Having gained an informal appreciation for optimization a while back, but only now starting to get into the stepping stones to formally understanding it, I have some contextualization issues I'm hoping someone can help me resolve.
I'm reading a book on dynamical systems as well as taking a statistics class. Now I look back at mean squared error and gradient descent in a dynamical systems as well as a statistical perspective.

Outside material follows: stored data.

-- ===== src/Tx/Construct.antt =====
-- `Tx::ConstructAndSign`: when it returns, and what.
use dave_coin.Base.{
  ◌^◌, ◌<◌, ◌↔◌, subst, ℕ, ◌≡◌, refl, ◌≢◌, List, [], ◌∷◌, true, false, arith, length, All,
  Bool-cases, inl, inr,
}
use dave_coin.Bytes.{ok}
use dave_coin.Crypto.{Crypto, Laws}
use dave_coin.Sig.{calculate_sha256, sign_message, validate_signature}
use dave_coin.Tx.Input.{TxInput}
use dave_coin.Tx.Output.{TxOutput}
use dave_coin.Tx.{Tx, serialize, verify, pays, unsigned, sign_tx, construct_and_sign}
use dave_coin.Tx.Fits.{OutputFits, InputFits, TxFits}

module _ ⦃c : Crypto⦄ where
  -- The serialization holds neither the hash nor the signature.
  serialize-sign_tx :
      (rng : ℕ) (t : Tx c.PublicKey) (public_key : c.PublicKey) (key : c.PrivateKey)
      → serialize (sign_tx rng t public_key key) ≡ serialize t
  unfolding serialize sign_tx
  serialize-sign_tx rng t public_key key = refl

  construct_and_sign-inv :
      (now rng : ℕ) (inputs : List TxInput) (outputs : List (TxOutput c.PublicKey))
      (public_key : c.PublicKey) (key : c.PrivateKey) {t : Tx c.PublicKey}
      → construct_and_sign now rng inputs outputs public_key key ≡ ok t
      → (inputs ≢ [])
        × (outputs ≢ [])
        × (pays outputs public_key ≡ false)
        × (sign_tx rng (unsigned now inputs outputs public_key) public_key key ≡ t)
  unfolding construct_and_sign
  construct_and_sign-inv now rng inputs outputs public_key key e = ground arith

  completes :
      (now rng : ℕ) (inputs : List TxInput) (outputs : List (TxOutput c.PublicKey))
      (public_key : c.PublicKey) (key : c.PrivateKey)
      → inputs ≢ []
      → outputs ≢ []
      → pays outputs public_key ≡ false
      → construct_and_sign now rng inputs outputs public_key key
        ≡ ok (sign_tx rng (unsigned now inputs outputs public_key) public_key key)
  unfolding construct_and_sign
  completes now rng inputs outputs public_key key i o p = ground arith

  signed-fits :
      (now rng : ℕ) (inputs : List TxInput) (outputs : List (TxOutput c.PublicKey))
      (public_key : c.PublicKey) (key : c.PrivateKey)
      → length inputs < 2 ^ 32
      → length outputs < 2 ^ 32
      → All InputFits inputs
      → All OutputFits outputs
      → TxFits (sign_tx rng (unsigned now inputs outputs public_key) public_key key)
  unfolding sign_tx unsigned
  signed-fits now rng inputs outputs public_key key few_inputs few_outputs fi fo = record {
    version_fits = omega arith;
    timestamp_fits = omega arith;
    inputs_count = few_inputs;
    outputs_count = few_outputs;
    inputs_fit = fi;
    outputs_fit = fo;
  }

module _ ⦃c : Crypto⦄ where
  -- What `ConstructAndSign` returns fits the format when its arguments do.
  pub construct_and_sign-TxFits :
      (now rng : ℕ) (inputs : List TxInput) (outputs : List (TxOutput c.PublicKey))
      (public_key : c.PublicKey) (key : c.PrivateKey) {t : Tx c.PublicKey}
      → length inputs < 2 ^ 32
      → length outputs < 2 ^ 32
      → All InputFits inputs
      → All OutputFits outputs
      → construct_and_sign now rng inputs outputs public_key key ≡ ok t
      → TxFits t
  construct_and_sign-TxFits now rng inputs outputs public_key key few_inputs few_outputs fi fo e =
      subst TxFits (construct_and_sign-inv now rng inputs outputs public_key key e).3
        (signed-fits now rng inputs outputs public_key key few_inputs few_outputs fi fo)

module _ ⦃c : Crypto⦄ (laws : Laws) where
  pays-false :
      (outs : List (TxOutput c.PublicKey)) (key : c.PublicKey)
      → pays outs key ≡ false
      → All (λ o. o.target ≢ key) outs
  unfolding pays
  pays-false [] key h = tt
  pays-false (o ∷ outs) key h =
      (λ e. ground (arith, (laws.key_eq_iff o.target key).1 e), pays-false outs key (ground arith))

  pays-true :
      (outs : List (TxOutput c.PublicKey)) (key : c.PublicKey)
      → pays outs key ≡ true
      → ¬ All (λ o. o.target ≢ key) outs
  unfolding pays
  pays-true [] key h all = cc
  pays-true (o ∷ outs) key h (ne, all) = elim (Bool-cases (c.key_eq o.target key)) [
    | inl same ↦ ne ((laws.key_eq_iff o.target key).0 same)
    | inr other ↦ pays-true outs key (ground (arith, other)) all
  ]

  pays-ne :
      (outs : List (TxOutput c.PublicKey)) (key : c.PublicKey)
      → All (λ o. o.target ≢ key) outs
      → pays outs key ≡ false
  pays-ne outs key all = elim (Bool-cases (pays outs key)) [
    | inl paid ↦ absurd (pays-true outs key paid all)
    | inr free ↦ free
  ]

  -- `ConstructAndSign` returns a transaction exactly when there is an input and an output and no
  -- output goes to the sender's own key.
  pub construct_and_sign_iff :
      (now rng : ℕ) (inputs : List TxInput) (outputs : List (TxOutput c.PublicKey))
      (public_key : c.PublicKey) (key : c.PrivateKey)
      → ((t : Tx c.PublicKey) × (construct_and_sign now rng inputs outputs public_key key ≡ ok t))
        ↔ ((inputs ≢ []) × (outputs ≢ []) × All (λ o. o.target ≢ public_key) outputs)
  construct_and_sign_iff now rng inputs outputs public_key key = (
    λ (t, e).
        let (i, o, p, s) = construct_and_sign-inv now rng inputs outputs public_key key e in
        (i, o, pays-false outputs public_key p),
    λ (i, o, all).
        (_, completes now rng inputs outputs public_key key i o (pays-ne outputs public_key all)),
  )

  verify-sign_tx :
      (rng : ℕ) (t : Tx c.PublicKey) (key : c.PrivateKey)
      → t.origin ≡ c.public_of key
      → verify (sign_tx rng t (c.public_of key) key) ≡ true
  unfolding verify sign_tx sign_message validate_signature serialize
  verify-sign_tx rng t key e = rw e (laws.verifier-signer rng key _)

  hash-sign_tx :
      (rng : ℕ) (t : Tx c.PublicKey) (public_key : c.PublicKey) (key : c.PrivateKey)
      → (sign_tx rng t public_key key).hash
        ≡ calculate_sha256 (serialize (sign_tx rng t public_key key))
  unfolding sign_tx serialize calculate_sha256
  hash-sign_tx rng t public_key key = refl

  -- What `ConstructAndSign` returns for a key pair verifies, has the hash of its own bytes, and carries
  -- the inputs, the outputs and the public key that it was given.
  pub construct_and_sign_signed :
      (now rng : ℕ) (inputs : List TxInput) (outputs : List (TxOutput c.PublicKey))
      (key : c.PrivateKey) {t : Tx c.PublicKey}
      → construct_and_sign now rng inputs outputs (c.public_of key) key ≡ ok t
      → (verify t ≡ true)
        × (t.hash ≡ calculate_sha256 (serialize t))
        × (t.inputs ≡ inputs)
        × (t.outputs ≡ outputs)
        × (t.origin ≡ c.public_of key)
  construct_and_sign_signed now rng inputs outputs key e =
      let (_, _, _, s) = construct_and_sign-inv now rng inputs outputs (c.public_of key) key e in
      let t = unsigned now inputs outputs (c.public_of key) in
      rw (← s) (
        verify-sign_tx rng t key (unfold unsigned in refl),
        hash-sign_tx rng t _ key,
        unfold sign_tx unsigned in refl,
        unfold sign_tx unsigned in refl,
        unfold sign_tx unsigned in refl,
      )
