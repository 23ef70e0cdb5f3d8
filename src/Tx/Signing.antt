-- ===== src/Tx/Signing.antt =====
-- `Tx::ConstructAndSign`, `Tx::Verify` and `Tx::DecodeAndVerify` together.
use dave_coin.Base.{
  if◌then◌else◌, ◌^◌, ◌<◌, subst, ℕ, ◌≡◌, refl, List, [], ◌∷◌, ◌++◌, true, arith, length, All,
  Bool-cases, inl, inr,
}
use dave_coin.Bytes.{not_verified, Bytes, Outcome, ok, throws, fault}
use dave_coin.Bytes.Ensures.{Ensures, Ensures-bind, Ensures-return, Ensures-run}
use dave_coin.Crypto.{Crypto, Laws}
use dave_coin.Sig.{calculate_sha256, validate_signature}
use dave_coin.Tx.Input.{TxInput}
use dave_coin.Tx.Output.{TxOutput}
use dave_coin.Tx.{
  Tx, serialize, decode, check_signature, decode_and_verify, verify, construct_and_sign,
}
use dave_coin.Tx.Fits.{OutputFits, InputFits, TxFits, Readable}
use dave_coin.Tx.Construct.{construct_and_sign-TxFits, construct_and_sign_signed}
use dave_coin.Tx.RoundTrip.{decode-serialize}

module _ ⦃c : Crypto⦄ (laws : Laws) where
  -- `DecodeAndVerify` accepts the bytes of a transaction that fits the format, verifies, and has the
  -- hash of its bytes, under its own key and signature, and gives back the same transaction, if it
  -- has no output, or one of fewer than 2 ^ 32 coins.
  pub decode_and_verify-serialize :
      (t : Tx c.PublicKey)
      → TxFits t
      → Readable t.outputs
      → t.hash ≡ calculate_sha256 (serialize t)
      → verify t ≡ true
      → decode_and_verify (serialize t) t.sig t.origin ≡ ok t
  unfolding decode_and_verify verify
  decode_and_verify-serialize t fits small e v =
      rw (decode-serialize laws t fits small, ← e, v) refl

  -- A transaction with one output of fewer than 2 ^ 32 coins, whose fields fit the format, made by
  -- `ConstructAndSign` with a key pair, passes `DecodeAndVerify` at the receiver and arrives as it
  -- was sent.
  pub decode_and_verify-construct_and_sign :
      (now rng : ℕ) (inputs : List TxInput) (o : TxOutput c.PublicKey) (key : c.PrivateKey)
      {t : Tx c.PublicKey}
      → length inputs < 2 ^ 32
      → All InputFits inputs
      → OutputFits o
      → o.coins < 2 ^ 32
      → construct_and_sign now rng inputs (o ∷ []) (c.public_of key) key ≡ ok t
      → decode_and_verify (serialize t) t.sig (c.public_of key) ≡ ok t
  decode_and_verify-construct_and_sign now rng inputs o key {t} count fit ofit small e =
      let (v, h, i, os, k) = construct_and_sign_signed laws now rng inputs (o ∷ []) key e in
      subst (λ key. decode_and_verify (serialize t) t.sig key ≡ ok t) k
        (decode_and_verify-serialize t
          (construct_and_sign-TxFits now rng inputs (o ∷ []) (c.public_of key) key count
            (omega arith) fit (ofit, tt) e)
          (rw os small) h v)

module _ ⦃c : Crypto⦄ (laws : Laws) where
  -- On the bytes of a transaction that fits the format, with no output or one of fewer than 2 ^ 32 coins,
  -- `DecodeAndVerify` gives the transaction back, with the hash of its bytes and the given signature, if the
  -- signature is valid under the given key for the bytes and their hash, and else throws. The
  -- transaction's origin may be any key.
  pub decode_and_verify_result :
      (t : Tx c.PublicKey) (signature : Bytes) (key : c.PublicKey)
      → TxFits t
      → Readable t.outputs
      → decode_and_verify (serialize t) signature key ≡ (
          if validate_signature (serialize t ++ calculate_sha256 (serialize t)) signature key
          then ok (record t { hash = calculate_sha256 (serialize t); sig = signature })
          else throws not_verified)
  unfolding decode_and_verify check_signature
  decode_and_verify_result t signature key fits small = rw (decode-serialize laws t fits small) refl

module _ ⦃c : Crypto⦄ where
  hash-decode : (serial : Bytes) → Ensures (decode serial) (λ t. t.hash ≡ calculate_sha256 serial)
  unfolding decode
  hash-decode serial = Ensures-bind _ _ λ version. Ensures-bind _ _ λ timestamp.
      Ensures-bind _ _ λ keysize. Ensures-bind _ _ λ key_material. Ensures-bind _ _ λ origin.
        Ensures-bind _ _ λ input_size. Ensures-bind _ _ λ inputs.
          Ensures-bind _ _ λ output_size. Ensures-bind _ _ λ outputs. Ensures-return _ refl

  check_signature-ok :
      (serial signature : Bytes) (key : c.PublicKey) (r : Outcome (Tx c.PublicKey))
      {t : Tx c.PublicKey}
      → check_signature serial signature key r ≡ ok t
      → (u : Tx c.PublicKey) × (r ≡ ok u)
        × (validate_signature (serial ++ u.hash) signature key ≡ true)
        × (record u { sig = signature } ≡ t)
  unfolding check_signature
  check_signature-ok serial signature key (ok u) e =
      elim (Bool-cases (validate_signature (serial ++ u.hash) signature key)) [
        | inl good ↦ (u, refl, good, cc (rw good at e))
        | inr bad ↦ cc (rw bad at e)
      ]
  check_signature-ok serial signature key (throws x) e = cc
  check_signature-ok serial signature key fault e = cc

  -- What `DecodeAndVerify` returns carries the signature that it was given, which is valid under the
  -- given key for the bytes followed by their hash, and it has that hash.
  pub decode_and_verify_sound :
      (serial signature : Bytes) (key : c.PublicKey) {t : Tx c.PublicKey}
      → decode_and_verify serial signature key ≡ ok t
      → (validate_signature (serial ++ calculate_sha256 serial) signature key ≡ true)
        × (t.hash ≡ calculate_sha256 serial)
        × (t.sig ≡ signature)
  unfolding decode_and_verify
  decode_and_verify_sound serial signature key e =
      let (u, d, v, s) = check_signature-ok serial signature key _ e in
      let h = Ensures-run serial (hash-decode serial) d in (rw h at v, rw (← s) h, rw (← s) refl)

- We update the weight matrix $\mathbf{W}$ according to: $$\frac{d}{dt}\mathbf{W} = -\frac{\partial}{dW} E(\mathbf{W})$$ or $$\mathbf{\dot{W}} = -E'(\mathbf{W})$$ which is symbolically equivalent to the dynamical system $\dot x = f(x)$
- However, something about the process is probabalistic, although I cannot formally point my finger at something in particular with certainty. I see a bunch of elements from statistics going on but I am having trouble making a bijection between the statements being made by the learning equations and concepts elsewhere in statistics. For example, the definition of mean squared error looks suspiciously like a variance: $$E(W) = \frac{1}{n}\sum^n_i (\hat{Y} - Y_i)^2$$ I mean I can even imagine myself writing something like $Y_i = E[\hat{Y_i}]$, i.e. the expectation.
I'm having trouble figuring out to which distribution the variance belongs? The weights, the outputs?